There are many antenatal tests that can be carried out during pregnancy which will offer reassurance to the parents. They involve monitoring the health of the mother and the baby throughout the pregnancy until the birth. As well assessing both the health of the mother and the unborn baby antenatal screening tests also detect any diseases which may affect the foetus or even any diseases which may cause complication with the baby once they are born. It is also important for these antenatal tests to take place as unborn babies are more at risk from developing diseases because they rely on their mother for protection as their immune systems are weak. Any problems that may occur during labour, before and after the birth of the baby as a result of a disease may be helped by these screening tests to solve any potential problems. Factors which could possibly increase the risk of an abnormality within the pregnancy include the age of the mother and her medical history as well as a family history of genetic conditions.

The two main types of antenatal screening tests which detect abnormalities or problems with the foetus include amniocentesis and blood tests.

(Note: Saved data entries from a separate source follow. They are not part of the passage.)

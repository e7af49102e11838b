-- ===== src/JobManager/Steps.antt =====
-- The runs of the manager, whatever the order in which its threads move, and what stays true.
use quick_mpc.Prelude.{
  ℕ, zero, suc, ◌+◌, ◌≤◌, ◌≡◌, ◌&&◌, inl, inr, Option, none, some, List, [], ◌∷◌, ◌++◌, ◌==◌, ltb,
  leb, if◌then◌else◌, arith, table, length, Option-cases,
}
use quick_mpc.JobManager.{
  Thread, State, constructed, push_job_req, take_request, start_job, thread_at, end_thread,
}

-- The sum of a measure of the identifiers in a list, and of those that the threads return at their end.
unfoldable pub total : (ℕ → ℕ) → List ℕ → ℕ
total v [] = 0
total v (i ∷ is) = v i + total v is

module _ {R : Type 0} where
  unfoldable pub returns : (ℕ → ℕ) → Thread R → ℕ
  returns v th = if th.is_job_trigger_party then v th.job_id else 0

  unfoldable pub total_returns : (ℕ → ℕ) → List (Thread R) → ℕ
  total_returns v [] = 0
  total_returns v (th ∷ ths) = returns v th + total_returns v ths

  pub total_returns-append :
      (v : ℕ → ℕ) (xs ys : List (Thread R))
      → total_returns v (xs ++ ys) ≡ total_returns v xs + total_returns v ys
  unfolding total_returns
  total_returns-append v [] ys = omega arith
  total_returns-append v (x ∷ xs) ys = omega (arith, total_returns-append v xs ys)

  pub total_returns-thread_at :
      (v : ℕ → ℕ) (i : ℕ) (ths rest : List (Thread R)) (th : Thread R)
      → thread_at i ths ≡ some (th, rest)
      → total_returns v ths ≡ returns v th + total_returns v rest
  unfolding total_returns thread_at
  total_returns-thread_at v i [] rest th e = absurd (ground (arith, e))
  total_returns-thread_at v zero (x ∷ ths) rest th e = ground (arith, e)
  total_returns-thread_at v (suc i) (x ∷ ths) rest th e = elim (Option-cases (thread_at i ths)) [
    | inl no_thread ↦ absurd (ground (arith, e, no_thread))
    | inr ((found, others), at) ↦
        ground (arith, e, at, total_returns-thread_at v i ths others found at)
  ]

  -- Of the threads that start a job, exactly that of the party that triggers it returns the identifier.
  pub total_returns-table :
      (v : ℕ → ℕ) (n k party_id id : ℕ) (r : R)
      → total_returns v (
          table n k (λ pt_id. record {
            party = pt_id;
            job_id = id;
            request = r;
            is_job_trigger_party = pt_id == party_id;
          }))
        ≡ (if leb k party_id && ltb party_id (k + n) then v id else 0)
  unfolding total_returns returns
  total_returns-table v zero k party_id id r = ground arith
  total_returns-table v (suc n) k party_id id r =
      ground (arith, total_returns-table v n (k + 1) party_id id r)

pub total-append : (v : ℕ → ℕ) (xs ys : List ℕ) → total v (xs ++ ys) ≡ total v xs + total v ys
unfolding total
total-append v [] ys = omega arith
total-append v (x ∷ xs) ys = omega (arith, total-append v xs ys)

-- A step of the manager and of the threads, without a new request.
pub data WorkStep {R : Type 0} (max_size n_parties party_id : ℕ) (s t : State R) : Type 0 where
  takes : take_request s ≡ some t → WorkStep max_size n_parties party_id s t
  starts : start_job n_parties party_id s ≡ some t → WorkStep max_size n_parties party_id s t
  ends : (i : ℕ) → end_thread max_size i s ≡ some t → WorkStep max_size n_parties party_id s t

pub data Step {R : Type 0} (max_size n_parties party_id : ℕ) (s t : State R) : Type 0 where
  works : WorkStep max_size n_parties party_id s t → Step max_size n_parties party_id s t
  pushes : (r : R) → push_job_req max_size r s ≡ some t → Step max_size n_parties party_id s t

pub data Reach {R : Type 0} (max_size n_parties party_id : ℕ) : State R → Type 0 where
  built : {s : State R} → constructed max_size ≡ some s → Reach max_size n_parties party_id s
  next :
      {s t : State R}
      → Reach max_size n_parties party_id s
      → Step max_size n_parties party_id s t
      → Reach max_size n_parties party_id t

-- The identifiers from 1 to `max_job_num`.
unfoldable pub all_ids : List ℕ
all_ids = 1 ∷ 2 ∷ 3 ∷ 4 ∷ 5 ∷ []

abbrev pub taken_list : {R : Type 0} → Option R → List R
taken_list none = []
taken_list (some r) = r ∷ []

abbrev pub requests_of : {R : Type 0} → List (ℕ × R) → List R
requests_of [] = []
requests_of ((id, r) ∷ started) = r ∷ requests_of started

pub record IsConsistent {R : Type 0} (max_size : ℕ) (s : State R) : Type 0 where
  pub balance : (v : ℕ → ℕ) → total v s.job_ids + total_returns v s.threads ≡ total v all_ids
  pub order : s.pushed ≡ requests_of s.started ++ (taken_list s.taken ++ s.job_requests)
  pub bounded : length s.job_requests ≤ max_size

An amniocentesis test is carried out to detect genetic disorders which include muscular dystrophy, haemophilia and sickle cell disorders. Blood tests are done to check for anaemia, spina bifida and blood groupings. Below are the previous main tests that are carried out during the pregnancy and the methods used.


An amniocentesis test is carried out during a woman’s pregnancy. The aim of the test is to provide doctors with information concerned with the development of the foetus. The test shows whether the foetus has developed or could develop any abnormalities or serious health conditions such as diseases. A test such as amniocentesis is normally only offered to woman who appears to show signs of risk for their baby to develop or already have developed any abnormalities or a serious condition. An amniocentesis test is usually carried out between 15 and 20 weeks of the pregnancy. An ultrasound scan is used to locate the foetus position by using sound waves to make a picture of the foetus in the uterus on a TV screen. A hollow needle is then gently put in through the belly and used to withdraw amniotic fluid from the amniotic sac that surrounds the foetus in the womb is took. If the foetus moves too close to the needle while the doctor is trying to withdraw the fluid it will be taken out and the doctor will try the same procedure again in a different place. The amount and size of the chromosomes in the fluid are then thoroughly examined and tested for a number of conditions such muscular dystrophy, haemophilia and sickle cell disorders or any other abnormalities during the baby’s growth.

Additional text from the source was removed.